Upon closer scrutiny and re-examination of the records, the Court is convinced that there is merit in the above contentions. It is a fact that the other ideal one-half shares of the late Guillermo Nombre in Lot Nos. 1616 and 1617 have never been entirely sold to the Chuas because some of the Nombre heirs who are composed of the descendants of Guillermo Nombre’s brothers and sisters[5] likewise sold their undivided shares to Escanlar who in turn conveyed them to the Jaymes. All these transactions are duly evidenced by several deeds of sale[6] and a Memorandum of Agreement[7] dated August 31, 1984, whose validity and authenticity have not been impugned by any party. As a matter of fact, there were also some shares which were not conveyed at all to either Chuas or Jaymes. In any event, these sales by the Nombre heirs to Escanlar whose interests were eventually acquired by the Jaymes had the effect of increasing the latter’s ownership beyond the one-half portions of the subject lots originally sold by the Cari-ans. Correspondingly, the Chuas are entitled only to those portions as have been conveyed to them which actually amount to less than the one-half participation of Guillermo Nombre in each of said lots. More particularly, these are the ideal shares which they have acquired from Lazaro Nombre, Victorio Madalag, Domingo Campillanos, and Sofronio Campillanos by virtue of the September 21, 1982 deed of sale, as well as from Felicidad Nombre, Potencia Brillas, and Enrique Campillanos, through instruments other than said deed.

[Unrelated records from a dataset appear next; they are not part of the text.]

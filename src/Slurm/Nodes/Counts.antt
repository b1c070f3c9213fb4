-- ===== src/Slurm/Nodes/Counts.antt =====
-- What a listing of nodes adds up to.
use joyrun.Base.{
  ℕ, suc, ◌+◌, ◌≡◌, refl, subst, ap, ◌∙◌, false, ◌||◌, Option, none, some, List, [], ◌∷◌, inl, inr,
  arith, ◌++◌, Bool-cases, length, any,
}
use joyrun.Base.Text.{Text, text_eq, text_eq_iff}
use joyrun.Base.Strings.{trim_space, split, is_empty, split_cuts}
use joyrun.Base.Numbers.{ℤ, parse_int}
use joyrun.Fault.{Result, ok, err}
use joyrun.Slurm.Nodes.{
  NodeInfo, NodeSummary, NodesResult, NodeCategory, node_state_category, add_node, named, read_node,
  read_lines, no_nodes, parse_nodes, then_nodes, count_node, with_cpus, with_memory,
}

-- A list of nodes: the name of each is not empty and stands once.
abbrev pub IsListed : List NodeInfo → Type 0
IsListed [] = Unit
IsListed (n ∷ ns) = (is_empty n.name ≡ false) × (any (named n.name) ns ≡ false) × IsListed ns

abbrev pub parts : NodeSummary → ℕ
parts s = s.idle + s.mixed + s.allocated + s.unavailable

-- The summary counts the nodes of the list, and its four classes add up to the total.
pub record IsCounted (r : NodesResult) : Type 0 where
  pub total : r.summary.total ≡ length r.nodes
  pub split : parts r.summary ≡ r.summary.total
  pub listed : IsListed r.nodes

length-snoc : (ns : List NodeInfo) (n : NodeInfo) → length (ns ++ n ∷ []) ≡ suc (length ns)
length-snoc [] n = refl
length-snoc (m ∷ ns) n = ap suc (length-snoc ns n)

any-snoc :
    (name : Text) (ns : List NodeInfo) (n : NodeInfo)
    → any (named name) (ns ++ n ∷ []) ≡ (any (named name) ns || named name n)
any-snoc name [] n = ground arith
any-snoc name (m ∷ ns) n = ground (arith, any-snoc name ns n)

text_eq_comm : (s t : Text) → text_eq s t ≡ text_eq t s
text_eq_comm s t = ground (arith, text_eq_iff s t, text_eq_iff t s)

IsListed-snoc :
    (ns : List NodeInfo) (n : NodeInfo)
    → is_empty n.name ≡ false
    → any (named n.name) ns ≡ false
    → IsListed ns
    → IsListed (ns ++ n ∷ [])
IsListed-snoc [] n e fresh h = (e, refl, tt)
IsListed-snoc (m ∷ ns) n e fresh h = (
  h.0,
  any-snoc m.name ns n ∙ ground (arith, text_eq_comm m.name n.name),
  IsListed-snoc ns n e (ground arith) h.2,
)

count_node-total :
    (c : NodeCategory) (s : NodeSummary)
    → ((count_node c s).total ≡ suc s.total) × (parts (count_node c s) ≡ suc (parts s))
count_node-total NodeCategory.idle s = ground arith
count_node-total NodeCategory.mixed s = ground arith
count_node-total NodeCategory.allocated s = ground arith
count_node-total NodeCategory.unavailable s = ground arith

add_node-IsCounted :
    (n : NodeInfo) (r : NodesResult)
    → is_empty n.name ≡ false
    → any (named n.name) r.nodes ≡ false
    → IsCounted r
    → IsCounted (add_node n r)
unfolding add_node
add_node-IsCounted n r e fresh h =
    let (one, all) = count_node-total (node_state_category n.state) r.summary in
    record {
      total = one ∙ ap suc h.total ∙ ground (arith, length-snoc r.nodes n);
      split = all ∙ ap suc h.split ∙ ground (arith, one);
      listed = IsListed-snoc r.nodes n e fresh h.listed;
    }

elim_ok : (P : NodesResult → Type 0) {p q : NodesResult} → ok p ≡ ok q → P p → P q
elim_ok P {p} {q} e h = subst P (ground arith) h

with_memory-IsCounted :
    (part name state gres : Text) (cpus : ℤ) (memory : Option ℤ) (r : NodesResult) {q : NodesResult}
    → is_empty name ≡ false
    → any (named name) r.nodes ≡ false
    → IsCounted r
    → with_memory part name state gres cpus memory r ≡ ok q
    → IsCounted q
with_memory-IsCounted part name state gres cpus none r {q} solid fresh h e = ground arith
with_memory-IsCounted part name state gres cpus (some memory) r {q} solid fresh h e =
    elim_ok IsCounted e (add_node-IsCounted _ r solid fresh h)

with_cpus-IsCounted :
    (part name state memory gres : Text) (cpus : Option ℤ) (r : NodesResult) {q : NodesResult}
    → is_empty name ≡ false
    → any (named name) r.nodes ≡ false
    → IsCounted r
    → with_cpus part name state memory gres cpus r ≡ ok q
    → IsCounted q
with_cpus-IsCounted part name state memory gres none r {q} solid fresh h e = ground arith
with_cpus-IsCounted part name state memory gres (some cpus) r {q} solid fresh h e =
    with_memory-IsCounted part name state gres cpus (parse_int (trim_space memory)) r solid fresh h
      e

read_node-IsCounted :
    (row : List Text) (r : NodesResult) {q : NodesResult}
    → IsCounted r
    → read_node row r ≡ ok q
    → IsCounted q
unfolding read_node
read_node-IsCounted [] r {q} h e = ground arith
read_node-IsCounted (a ∷ []) r {q} h e = ground arith
read_node-IsCounted (a ∷ b ∷ []) r {q} h e = ground arith
read_node-IsCounted (a ∷ b ∷ c ∷ []) r {q} h e = ground arith
read_node-IsCounted (a ∷ b ∷ c ∷ d ∷ []) r {q} h e = ground arith
read_node-IsCounted (a ∷ b ∷ c ∷ d ∷ m ∷ []) r {q} h e = ground arith
read_node-IsCounted (a ∷ b ∷ c ∷ d ∷ m ∷ g ∷ x ∷ row) r {q} h e = ground arith
read_node-IsCounted (a ∷ b ∷ c ∷ d ∷ m ∷ g ∷ []) r {q} h e =
    elim (Bool-cases (is_empty (trim_space b))) [
      | inl none_given ↦ ground arith
      | inr solid ↦ elim (Bool-cases (any (named (trim_space b)) r.nodes)) [
        | inl seen ↦ subst IsCounted (ground arith) h
        | inr fresh ↦
            with_cpus-IsCounted a (trim_space b) c m g (parse_int (trim_space d)) r solid fresh h
              (ground arith)
      ]
    ]

then_nodes-IsCounted :
    (o : Result NodesResult) (f : NodesResult → Result NodesResult) {q : NodesResult}
    → ((p : NodesResult) → o ≡ ok p → f p ≡ ok q → IsCounted q)
    → then_nodes o f ≡ ok q
    → IsCounted q
then_nodes-IsCounted (err x) f {q} step k = ground arith
then_nodes-IsCounted (ok p) f {q} step k = step p refl k

read_lines-IsCounted :
    (lines : List Text) (r : NodesResult) {q : NodesResult}
    → IsCounted r
    → read_lines lines r ≡ ok q
    → IsCounted q
unfolding read_lines
read_lines-IsCounted [] r {q} h e = subst IsCounted (ground arith) h
read_lines-IsCounted (given ∷ lines) r {q} h e = elim (Bool-cases (is_empty (trim_space given))) [
  | inl blank ↦ read_lines-IsCounted lines r h (ground arith)
  | inr row ↦
      then_nodes-IsCounted (read_node (split_cuts 5 b'|' (trim_space given)) r) (read_lines lines)
        (λ p n k. read_lines-IsCounted lines p (read_node-IsCounted _ r h n) k) (ground arith)
]

-- If parseNodes answers a listing, no node in it is nameless or stands twice, the total is the
-- number of nodes, and the idle, mixed, allocated and unavailable ones add up to the total.
pub parse_nodes-IsCounted :
    (output : Text) {q : NodesResult} → parse_nodes output ≡ ok q → IsCounted q
unfolding parse_nodes
parse_nodes-IsCounted output e =
    read_lines-IsCounted (split 10 output) no_nodes
      (record { total = refl; split = refl; listed = tt }) e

In view of the foregoing findings, it necessarily follows that there is no justification for the Jaymes to be compelled to turn over one-half of Lot No. 1616 and one-half of Lot No. 1617, and be held liable to pay the Chuas rentals with respect to those portions. On the contrary, we find it equitable instead to hold the Chuas answerable for reasonable rentals to the extent of their possession of portions of Lot Nos. 1616 and 1617 which now properly belong to the Jaymes by virtue of the above findings.

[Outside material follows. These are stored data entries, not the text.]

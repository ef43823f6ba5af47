-- ===== src/Kernel/Event/Waiters/Timers.antt =====
-- What one task's timer does to the other tasks.
use osal.Base.{ℕ, zero, suc, ◌+◌, ◌≡◌, refl, false, arith}
use mathlib.Core.Path.{subst}
use osal.Types.{initialized}
use osal.Kernel.Event.{os_event_create, prepare_to_wait, wait_tested, wait_leave, event_no_timeout}
use osal.Kernel.Event.Waiters.{
  Waiters, wake_up, returned, scheduled, timeout_handler, prepare, enter, expire, leave, created,
  Reach, here, next,
}

-- An auto-reset event that was never set, on which n tasks sleep.
abbrev sleepers : ℕ → Waiters
sleepers n = record (created 0) {
  event = record { signaled = false; manual_reset = false; waiting = n; state = initialized };
  asleep = n;
}

-- One more task has slept, for some time only, and its timer has run out; n tasks have come back.
abbrev expired_after : (awake n : ℕ) → Waiters
expired_after awake n = record (sleepers 0) { woken = awake; expired = 1; successes = n }

sleepers-Reach : (n : ℕ) → Reach 0 (sleepers n)
unfolding os_event_create prepare_to_wait wait_tested scheduled
sleepers-Reach zero = here
sleepers-Reach (suc n) =
    subst (Reach 0) (ground arith)
      (next (next (sleepers-Reach n) prepare) (enter event_no_timeout (omega arith)))

expired_after-Reach : (n : ℕ) → Reach 0 (expired_after n 0)
unfolding prepare_to_wait wait_tested scheduled timeout_handler wake_up
expired_after-Reach n =
    subst (Reach 0) (ground arith) (
      next (next (next (sleepers-Reach n) prepare) (enter 1 (omega arith))) (expire (ground arith)))

returned-Reach : (k n : ℕ) → Reach 0 (expired_after k n) → Reach 0 (expired_after 0 (k + n))
unfolding wait_leave returned
returned-Reach zero n r = (ground arith)
returned-Reach (suc k) n r =
    subst (λ (i : ℕ). Reach 0 (expired_after 0 i)) (ground arith)
      (returned-Reach k (n + 1) (subst (Reach 0) (ground arith) (next r (leave (omega arith)))))

-- The timer of one task wakes all: for every number n there is a reachable state of an auto-reset event
-- in which os_event_set has never been called and n waits have returned OSAL_SUCCESS, with no other task
-- that sleeps without a timer or has been woken from such a sleep.
pub timer-successes :
    (n : ℕ)
    → (t : Waiters) × Reach 0 t × (t.sets ≡ 0) × (t.successes ≡ n) × (t.asleep + t.woken ≡ 0)
timer-successes n = (
  expired_after 0 (n + 0),
  returned-Reach n 0 (expired_after-Reach n),
  refl,
  (ground arith),
  refl,
)
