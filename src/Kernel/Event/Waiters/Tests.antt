-- ===== src/Kernel/Event/Waiters/Tests.antt =====
-- Concrete runs of tasks that share an event of the kernel.
use osal.Base.{◌+◌, ◌≡◌, ◌⊎◌, true, false, arith}
use osal.Types.{initialized}
use osal.Kernel.Event.{
  os_event_create, os_event_set, prepare_to_wait, wait_tested, event_no_timeout,
}
use osal.Kernel.Event.Waiters.{
  Waiters, wake_up, scheduled, set_event, prepare, enter, set, created, Reach, here, next,
}
use osal.Kernel.Event.Waiters.Queue.{Reach-asleep}
use osal.Kernel.Event.Waiters.Timers.{timer-successes}

-- A manual-reset event is set while one task sleeps and another comes to the lock.
abbrev set_once : Waiters
set_once = record (created 1) {
  event = record { signaled = true; manual_reset = true; waiting = 0; state = initialized };
  missed = 1;
  woken = 1;
  sets = 1;
}

set_once-Reach : Reach 1 set_once
unfolding os_event_create prepare_to_wait wait_tested scheduled os_event_set set_event wake_up
set_once-Reach =
    let asleep = next (next here prepare) (enter event_no_timeout (omega arith)) in
    next (next asleep prepare) set

Reach-asleep_example :
    (set_once.event.waiting
      ≡ set_once.entering + set_once.asleep + set_once.timed + set_once.finishing)
    × ((set_once.event.signaled ≡ false) ⊎ (set_once.asleep + set_once.timed ≡ 0))
Reach-asleep_example = Reach-asleep set_once-Reach

timer-successes_example :
    (t : Waiters) × Reach 0 t × (t.sets ≡ 0) × (t.successes ≡ 4) × (t.asleep + t.woken ≡ 0)
timer-successes_example = timer-successes 4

ACCORDINGLY, the Court hereby resolves to GRANT the above motions of petitioners heirs of Pedro Escanlar and Francisco Holgado, as well as that of the spouses Edwin A. Jayme and Elisa T. Jayme. The decision of this Court dated October 23, 1997, insofar as it awarded one-half of Lot No. 1616 and one-half of Lot No. 1617 to the spouses Paquito and Ney Sarrosa-Chua, and which made the spouses Jayme liable for rental payments thereon, is VACATED and SET ASIDE. In lieu thereof, a new one is entered to read as follows:

WHEREFORE, the petitions are hereby GRANTED. The decision of the Court of Appeals under review is hereby REVERSED AND SET ASIDE. The case is REMANDED to the Regional Trial Court of Negros Occidental, Branch 61, for petitioners and private respondents or their successors-in-interest to determine exactly the portions which will be owned by each party in accordance with the foregoing resolution, at the option of petitioners. The trial court is likewise DIRECTED to order the issuance of the corresponding certificates of title in the name of the respective parties and to determine how much rentals the Chuas have to pay the Jaymes from the time the former possessed, if they did at all, the portions pertaining to the latter up to the time the same are restored.”

SO ORDERED.

Narvasa, C.J. (Chairman), Kapunan and Purisima, JJ., concur.




[1] Rollo, pp. 418-421.

[2] Ibid., pp. 426-427.

[3] Id., pp. 428-435.

[4] Id., pp. 291-311.

[5] These are: Sotero Nombre, Hermogenes Nombre, Luis Nombre, Vidal Nombre, Juliana Nombre-Campillanos, and Maria Nombre-Madalag. One sister, Manuela Nombre, appeared not to have sold her rights at all in Guillermo Nombre’s estate.

[6] Motion for Partial Reconsideration filed by the Jaymes, Annexes “B” to “G”, Rollo, pp. 327-403.

[7] Ibid., pp. 414-415.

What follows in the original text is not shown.